So Monitoring has been a topic of interest lately. How to do it, why to do it.

Why Monitor?
Most people immediately say, ‘because you know when stuff is down’. Thats a good reason to monitor things. Pre-emptive warnings. ‘Your disk is 90% full’, ‘there are 2000 processes’, ‘random_service3 is not responding’ are all helpful warnings to most people. The first few are pre-emptive warnings. Knowing the disk is getting close to full is useful because it gives someone time to plan downtime and inform people of a change that will occur. Maybe someone needs to boot a machine into single user mode and resize the disks, maybe data needs to be deleted, or backed up, or moved. Maybe someone needs to log into the machine with 2000 running processes and kill some before the box locks up. The monitors give a system administrator time to deal with issues before they develop into something worse. Running out of disk space is bad, machines locking up is bad, knowing about downed services is good.

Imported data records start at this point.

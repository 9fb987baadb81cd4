-- ===== src/Remote/Staleness.antt =====
-- Answers of requests that are no longer current do not reach the page.
use gothrough.Base.{
  ℕ, ◌≡◌, refl, ◌∙◌, inl, inr, Bool, true, false, ◌&&◌, not, Option, none, some, List, [], ◌∷◌, All,
  Bool-cases, arith, ◌==◌,
}
use gothrough.Messages.{Message}
use gothrough.Remote.{
  Request, Flight, Remote, Answer, RemoteEvent, resolves, rejects, find_flight, release, cancel,
  finish, resolved, rejected, on_resolved, on_rejected, step, run,
}
use gothrough.Remote.Invariant.{HasId, Placed, Inv, find_flight-Placed, step-Inv, cancel-Inv}

-- What the page shows, and the validator that its next poll sends, are the same.
pub record Unchanged {ℓ} {A : Type ℓ} (s t : Remote A) : Type ℓ where
  pub same_data : t.data' ≡ s.data'
  pub same_validator : t.validator ≡ s.validator
  pub same_action_error : t.action_error ≡ s.action_error
  pub same_load_error : t.load_error ≡ s.load_error
  pub same_background_error : t.background_error ≡ s.background_error
  pub same_loading : t.loading ≡ s.loading
  pub same_request : t.request ≡ s.request

Unchanged-refl {ℓ} : {A : Type ℓ} (s : Remote A) → Unchanged s s
Unchanged-refl s = record {
  same_data = refl;
  same_validator = refl;
  same_action_error = refl;
  same_load_error = refl;
  same_background_error = refl;
  same_loading = refl;
  same_request = refl;
}

-- A placed flight that is not current is aborted.
aborted_of_stale :
    (o : Option Request) (next : ℕ) (f : Flight)
    → Placed o next f
    → (¬ HasId f.id o)
    → f.aborted ≡ true
aborted_of_stale o next f (lt, inl (a, n)) stale = a
aborted_of_stale none next f (lt, inr (a, e)) stale = cc
aborted_of_stale (some r) next f (lt, inr (a, e)) stale = absurd (stale (ground arith))

release_stale : (id : ℕ) (o : Option Request) → (¬ HasId id o) → release id o ≡ o
unfolding release
release_stale id none h = refl
release_stale id (some r) h = elim (Bool-cases (r.id == id)) [
  | inl same ↦ absurd (h (ground arith))
  | inr other ↦ rw other
]

module _ {ℓ} {A : Type ℓ} (s : Remote A) (f : Flight) (gone : f.aborted ≡ true)
    (stale : ¬ HasId f.id s.request) where
  off : (b : Bool) → b && not f.aborted ≡ false
  off b = ground arith

  finish_stale : Unchanged s (finish f s)
  unfolding finish
  finish_stale = record {
    same_data = refl;
    same_validator = refl;
    same_action_error = refl;
    same_load_error = refl;
    same_background_error = refl;
    same_loading = ground arith;
    same_request = release_stale f.id s.request stale;
  }

  resolved_stale : (a : Answer A) → Unchanged s (resolved f a s)
  unfolding resolved
  resolved_stale a = simp (off s.mounted) finish_stale

  rejected_stale : (m : Message) → Unchanged s (rejected f m s)
  unfolding rejected
  rejected_stale m = simp (off s.mounted) finish_stale

module _ {ℓ} {A : Type ℓ} (s : Remote A) (v : Inv s) (id : ℕ) (stale : ¬ HasId id s.request) where
  on_resolved_stale :
      (o : Option Flight) (a : Answer A)
      → find_flight id s.flights ≡ o
      → Unchanged s (on_resolved o a s)
  unfolding on_resolved
  on_resolved_stale none a e = Unchanged-refl s
  on_resolved_stale (some f) a e =
      let (p, same) = find_flight-Placed s.request s.next_id id s.flights f v.placed e in
      let gone : ¬ HasId f.id s.request = rw same stale in
      resolved_stale s f (aborted_of_stale s.request s.next_id f p gone) gone a

  on_rejected_stale :
      (o : Option Flight) (m : Message)
      → find_flight id s.flights ≡ o
      → Unchanged s (on_rejected o m s)
  unfolding on_rejected
  on_rejected_stale none m e = Unchanged-refl s
  on_rejected_stale (some f) m e =
      let (p, same) = find_flight-Placed s.request s.next_id id s.flights f v.placed e in
      let gone : ¬ HasId f.id s.request = rw same stale in
      rejected_stale s f (aborted_of_stale s.request s.next_id f p gone) gone m

-- The number that an event settles; other events settle none.
abbrev pub Settles {ℓ} : {A : Type ℓ} → ℕ → RemoteEvent A → Type 0
Settles id (resolves j a) = j ≡ id
Settles id (rejects j m) = j ≡ id
Settles id _ = ⊥

-- Only the latest request can update the page: whatever a load answers, or fails with, that is
-- not the current request, the data, the validator, the errors and the loading sign stay.
pub step_stale {ℓ} :
    {A : Type ℓ} (s : Remote A) (e : RemoteEvent A) (id : ℕ)
    → Inv s
    → (¬ HasId id s.request)
    → Settles id e
    → Unchanged s (step s e)
unfolding step
step_stale s (resolves j a) id v stale e =
    on_resolved_stale s v j (rw e stale) (find_flight j s.flights) a refl
step_stale s (rejects j m) id v stale e =
    on_rejected_stale s v j (rw e stale) (find_flight j s.flights) m refl
step_stale s _ id v stale e = absurd e

abbrev pub IsSettling {ℓ} : {A : Type ℓ} → RemoteEvent A → Type 0
IsSettling (resolves j a) = Unit
IsSettling (rejects j m) = Unit
IsSettling _ = ⊥

Settles-some {ℓ} : {A : Type ℓ} (e : RemoteEvent A) → IsSettling e → (id : ℕ) × Settles id e
Settles-some (resolves j a) h = (j, refl)
Settles-some (rejects j m) h = (j, refl)
Settles-some _ h = absurd h

Unchanged-trans {ℓ} :
    {A : Type ℓ} (s t u : Remote A) → Unchanged s t → Unchanged t u → Unchanged s u
Unchanged-trans s t u h k = record {
  same_data = k.same_data ∙ h.same_data;
  same_validator = k.same_validator ∙ h.same_validator;
  same_action_error = k.same_action_error ∙ h.same_action_error;
  same_load_error = k.same_load_error ∙ h.same_load_error;
  same_background_error = k.same_background_error ∙ h.same_background_error;
  same_loading = k.same_loading ∙ h.same_loading;
  same_request = k.same_request ∙ h.same_request;
}

idle-Unchanged {ℓ} :
    {A : Type ℓ} (s : Remote A) (es : List (RemoteEvent A))
    → Inv s
    → s.request ≡ none
    → All IsSettling es
    → Unchanged s (run s es)
unfolding run
idle-Unchanged s [] v idle h = Unchanged-refl s
idle-Unchanged s (e ∷ es) v idle h =
    let (id, settled) = Settles-some e h.0 in
    let first = step_stale s e id v (rw idle (λ x. x)) settled in
    Unchanged-trans s (step s e) (run (step s e) es) first
      (idle-Unchanged (step s e) es (step-Inv s e v) (first.same_request ∙ idle) h.1)

-- After `cancel`, which the pages call before every mutation, no answer and no failure of any
-- request made before it reaches the page, in whatever order they come.
pub cancel_silences {ℓ} :
    {A : Type ℓ} (s : Remote A) (es : List (RemoteEvent A))
    → Inv s
    → All IsSettling es
    → Unchanged (cancel s) (run (cancel s) es)
unfolding cancel
cancel_silences s es v h = idle-Unchanged (cancel s) es (cancel-Inv s v) refl h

But I think most people only think they need monitoring for this reason. Preemptive warnings only help people solve problems as they arise. The new problem that spawns from this is that the same alerts trigger at some kind of random time. Which brings me to the real reason anyone should be using monitoring; metrics and trends.

If a particular service is down, typically someone will notice. If mail is down, angry users will call in, most pre-emptive warnings will eventually manifest into real problems and the problems can be dealt with by someone. However the real power of monitoring comes from graphing the monitoring data and looking for trends.

‘Why does my service spike at 8am every morning?’
‘Why does the web server appear to go down around 10am on wednesday?’
‘Why do we lose connectivity to a remote building every tuesday at 9pm’

Issues such as these become apparent as more data is stored and processed. But what good do trends do me, you ask. They help identify answers to the questions above. Maybe your service ‘goes down’ because a cronjob running at 3am spikes the load on the box causing the monitor to fail (essentially a false positive, but also a pointer that maybe that job is badly implemented). Once you can identify trends in your alerts, you can use the trends to identify the real problem behind many of the alerts and eliminate them.